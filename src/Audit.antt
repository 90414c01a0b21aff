-- ===== src/Audit.antt =====
-- The audit log's hash chain and its anchor (src/services/audit.js). A text is the list of its code
-- points. SHA-256 is a parameter.
use meet_millions_finance.Prelude.{
  ltb, leb, ◌==◌, if◌then◌else◌, ltb→lt, leb→le, ==_iff, ==_refl, Bool-cases, Option-cases, or_else,
  is_some, Eq, nat_eq, beq_of, beq_of_iff, length, filter, any, All, length-append, length-filter,
  contains, sum_by, sum_by-append, All-imp, All-and, All-append, ℕ, zero, suc, ◌+◌, ◌-◌, ◌*◌, ◌/◌,
  ◌%◌, ◌^◌, ◌≤◌, ◌<◌, max, min, String, ◌≡◌, refl, sym, ap, ap₂, ◌∙◌, ◌≢◌, ◌↔◌, ◌⊎◌, inl, inr, Bool,
  true, false, not, ◌&&◌, ◌||◌, Option, none, some, List, [], ◌∷◌, ◌++◌, map, foldl, arith,
}
use meet_millions_finance.Tax.Gst.{Code, code_eq}
pub mod Canonical
pub mod Chain
pub mod Growth
pub mod Anchor
pub mod Tamper

-- The escaping of one value: a backslash before every backslash and every bar.
unfoldable pub escape : Code → Code
escape [] = []
escape (c ∷ s) = let rest = escape s in if c == 0x5c || c == b'|' then 0x5c ∷ c ∷ rest else c ∷ rest

-- `null` and `undefined` become the empty text.
abbrev pub field_text : Option Code → Code
field_text none = []
field_text (some s) = escape s

-- `.join('|')`.
unfoldable pub join_bar : List Code → Code
join_bar [] = []
join_bar (s ∷ []) = s
join_bar (s ∷ t ∷ r) = s ++ b'|' ∷ join_bar (t ∷ r)

-- `canonical`: the values of the hashed fields, in the order of `HASHED_FIELDS`.
unfoldable pub canonical : List (Option Code) → Code
unfolding escape join_bar
canonical fields = join_bar (map field_text fields)

-- `String(n)`: the decimal digits of a number. As many steps as the number itself are enough.
unfoldable pub digits_from : ℕ → ℕ → Code
digits_from zero n = (48 + n % 10) ∷ []
digits_from (suc fuel) n =
    let rest = digits_from fuel (n / 10) in
    if ltb n 10 then (48 + n) ∷ [] else rest ++ (48 + n % 10) ∷ []

abbrev pub decimal : ℕ → Code
unfolding digits_from
decimal n = digits_from n n

-- A row of `audit_logs`: the hashed fields (`details` holds those behind the first two) beside the
-- chain's own columns.
pub record AuditRow : Type 0 where
  pub id : ℕ
  pub tenant_id : Option Code
  pub sequence : ℕ
  pub details : List (Option Code)
  pub prev_hash : Option Code
  pub hash : Code

abbrev pub hashed_fields : AuditRow → List (Option Code)
hashed_fields r = r.tenant_id ∷ some (decimal r.sequence) ∷ r.details

-- The text that is hashed: `${prevHash ?? ''}::${canonical(row)}`.
abbrev pub hashed_text : Option Code → List (Option Code) → Code
hashed_text prev fields = or_else prev [] ++ b':' ∷ b':' ∷ canonical fields

pub data Break : Type 0 where
  sequence_gap link_mismatch hash_mismatch : Break

pub data Verdict : Type 0 where
  valid : Verdict
  broken : ℕ → Break → Verdict

abbrev pub null_eq : Option Code → Option Code → Bool
null_eq none none = true
null_eq (some a) (some b) = code_eq a b
null_eq _ _ = false

-- The tests of one row in the loop of `verifyChain`.
abbrev pub check_row : (Code → Code) → Option Code → ℕ → AuditRow → Option Break
check_row sha256 prev expected r =
    if not (r.sequence == expected)
    then some sequence_gap
    else if not (null_eq r.prev_hash prev)
    then some link_mismatch
    else if not (code_eq (sha256 (hashed_text prev (hashed_fields r))) r.hash)
    then some hash_mismatch
    else none

abbrev pub verdict_of : ℕ → Option Break → Verdict → Verdict
verdict_of id none rest = rest
verdict_of id (some b) rest = broken id b

-- The loop of `verifyChain`: `prevHash` and `expectedSequence` move on with the rows.
unfoldable pub check_rows : (Code → Code) → Option Code → ℕ → List AuditRow → Verdict
check_rows sha256 prev expected [] = valid
check_rows sha256 prev expected (r ∷ rs) =
    verdict_of r.id (check_row sha256 prev expected r)
      (check_rows sha256 (some r.hash) (expected + 1) rs)

abbrev pub first_sequence : List AuditRow → ℕ
first_sequence [] = 1
first_sequence (r ∷ rs) = r.sequence

-- `LIMIT ?`.
abbrev pub take : ℕ → List AuditRow → List AuditRow
take zero rs = []
take (suc n) [] = []
take (suc n) (r ∷ rs) = r ∷ take n rs

-- `verifyChain`, on a tenant's rows in the order of their sequence.
unfoldable pub verify_chain : (Code → Code) → ℕ → List AuditRow → Verdict
verify_chain sha256 limit log =
    check_rows sha256 none (first_sequence (take limit log)) (take limit log)

-- `nextSequenceAndHash`, from the last row.
abbrev pub next_sequence : Option AuditRow → ℕ
next_sequence none = 1
next_sequence (some r) = r.sequence + 1

abbrev pub prev_hash_of : Option AuditRow → Option Code
prev_hash_of none = none
prev_hash_of (some r) = some r.hash

-- The row that `audit` writes behind the last one: the entry is hashed with its sequence.
unfoldable pub next_row :
    (Code → Code) → ℕ → Option Code → List (Option Code) → Option AuditRow → AuditRow
next_row sha256 id tenant details last = record {
  id = id;
  tenant_id = tenant;
  sequence = next_sequence last;
  details = details;
  prev_hash = prev_hash_of last;
  hash =
      sha256
        (hashed_text (prev_hash_of last) (tenant ∷ some (decimal (next_sequence last)) ∷ details));
}

-- The last row in the order of the sequence.
abbrev pub last_row : List AuditRow → Option AuditRow
last_row [] = none
last_row (r ∷ []) = some r
last_row (r ∷ s ∷ rs) = last_row (s ∷ rs)

-- `audit`: the new row goes behind the log.
unfoldable pub audit :
    (Code → Code) → ℕ → Option Code → List (Option Code) → List AuditRow → List AuditRow
unfolding next_row
audit sha256 id tenant details log = log ++ next_row sha256 id tenant details (last_row log) ∷ []

-- `purgeExpiredAuditLogs`: `keeps` is the test that a row is not past its retention date.
unfoldable pub purge_expired : (AuditRow → Bool) → List AuditRow → List AuditRow
purge_expired keeps log = filter keeps log

-- The anchor kept in the settings.
pub record AnchorRow : Type 0 where
  pub sequence : ℕ
  pub hash : Code
  pub previous_anchor_hash : Option Code
  pub at : Code
  pub self_hash : Code

pub data Anchored : Type 0 where
  empty_chain chain_shrank : Anchored
  anchored : AnchorRow → Anchored

pub data Coverage : Type 0 where
  not_covered : Coverage
  covered : Bool → Coverage

-- The row with a given sequence number.
abbrev pub row_at : ℕ → List AuditRow → Option AuditRow
row_at n [] = none
row_at n (r ∷ rs) = if r.sequence == n then some r else row_at n rs

abbrev pub self_hash_of : Option AnchorRow → Option Code
self_hash_of none = none
self_hash_of (some a) = some a.self_hash

-- The text over which an anchor is hashed. The time is the text of a date.
abbrev pub anchor_text : Option Code → ℕ → Code → Code → Code
anchor_text prev sequence hash at =
    or_else prev [] ++ b':' ∷ b':' ∷ (decimal sequence ++ b':' ∷ b':' ∷ (hash ++ b':' ∷ b':' ∷ at))

abbrev pub new_anchor : (Code → Code) → Code → AuditRow → Option AnchorRow → AnchorRow
new_anchor sha256 now head previous = record {
  sequence = head.sequence;
  hash = head.hash;
  previous_anchor_hash = self_hash_of previous;
  at = now;
  self_hash = sha256 (anchor_text (self_hash_of previous) head.sequence head.hash now);
}

abbrev pub anchor_at : (Code → Code) → Code → Option AuditRow → Option AnchorRow → Anchored
anchor_at sha256 now none previous = empty_chain
anchor_at sha256 now (some head) none = anchored (new_anchor sha256 now head none)
anchor_at sha256 now (some head) (some a) =
    if ltb head.sequence a.sequence
    then chain_shrank
    else anchored (new_anchor sha256 now head (some a))

-- `anchorChain`, given the stored anchor.
unfoldable pub anchor_chain : (Code → Code) → Code → List AuditRow → Option AnchorRow → Anchored
anchor_chain sha256 now rows previous = anchor_at sha256 now (last_row rows) previous

abbrev pub intact_at : AnchorRow → Option AuditRow → Bool
intact_at a none = false
intact_at a (some r) = code_eq r.hash a.hash

abbrev pub cover_at : AnchorRow → Option AuditRow → List AuditRow → Coverage
cover_at a none rows = covered false
cover_at a (some head) rows =
    if ltb head.sequence a.sequence
    then covered false
    else covered (intact_at a (row_at a.sequence rows))

-- `verifyAgainstAnchor`.
unfoldable pub verify_against_anchor : List AuditRow → Option AnchorRow → Coverage
verify_against_anchor rows none = not_covered
verify_against_anchor rows (some a) = cover_at a (last_row rows) rows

**Task prompt:** Transcribe the opening lines of the listing exactly, please. Stop after the line that contains "the empty text.".

**Answer box:**
filename src/Audit.antt
repository 90414c01a0b21aff
-- ===== src/Audit.antt =====
-- The audit log's hash chain and its anchor (src/services/audit.js). A text is the list of its code
-- points. SHA-256 is a parameter.
use meet_millions_finance.Prelude.{
  ltb, leb, ◌==◌, if◌then◌else◌, ltb→lt, leb→le, ==_iff, ==_refl, Bool-cases, Option-cases, or_else,
  is_some, Eq, nat_eq, beq_of, beq_of_iff, length, filter, any, All, length-append, length-filter,
  contains, sum_by, sum_by-append, All-imp, All-and, All-append, ℕ, zero, suc, ◌+◌, ◌-◌, ◌*◌, ◌/◌,
  ◌%◌, ◌^◌, ◌≤◌, ◌<◌, max, min, String, ◌≡◌, refl, sym, ap, ap₂, ◌∙◌, ◌≢◌, ◌↔◌, ◌⊎◌, inl, inr, Bool,
  true, false, not, ◌&&◌, ◌||◌, Option, none, some, List, [], ◌∷◌, ◌++◌, map, foldl, arith,
}
use meet_millions_finance.Tax.Gst.{Code, code_eq}
pub mod Canonical
pub mod Chain
pub mod Growth
pub mod Anchor
pub mod Tamper

-- The escaping of one value: a backslash before every backslash and every bar.
unfoldable pub escape : Code → Code
escape [] = []
escape (c ∷ s) = let rest = escape s in if c == 0x5c || c == b'|' then 0x5c ∷ c ∷ rest else c ∷ rest

-- `null` and `undefined` become the empty text.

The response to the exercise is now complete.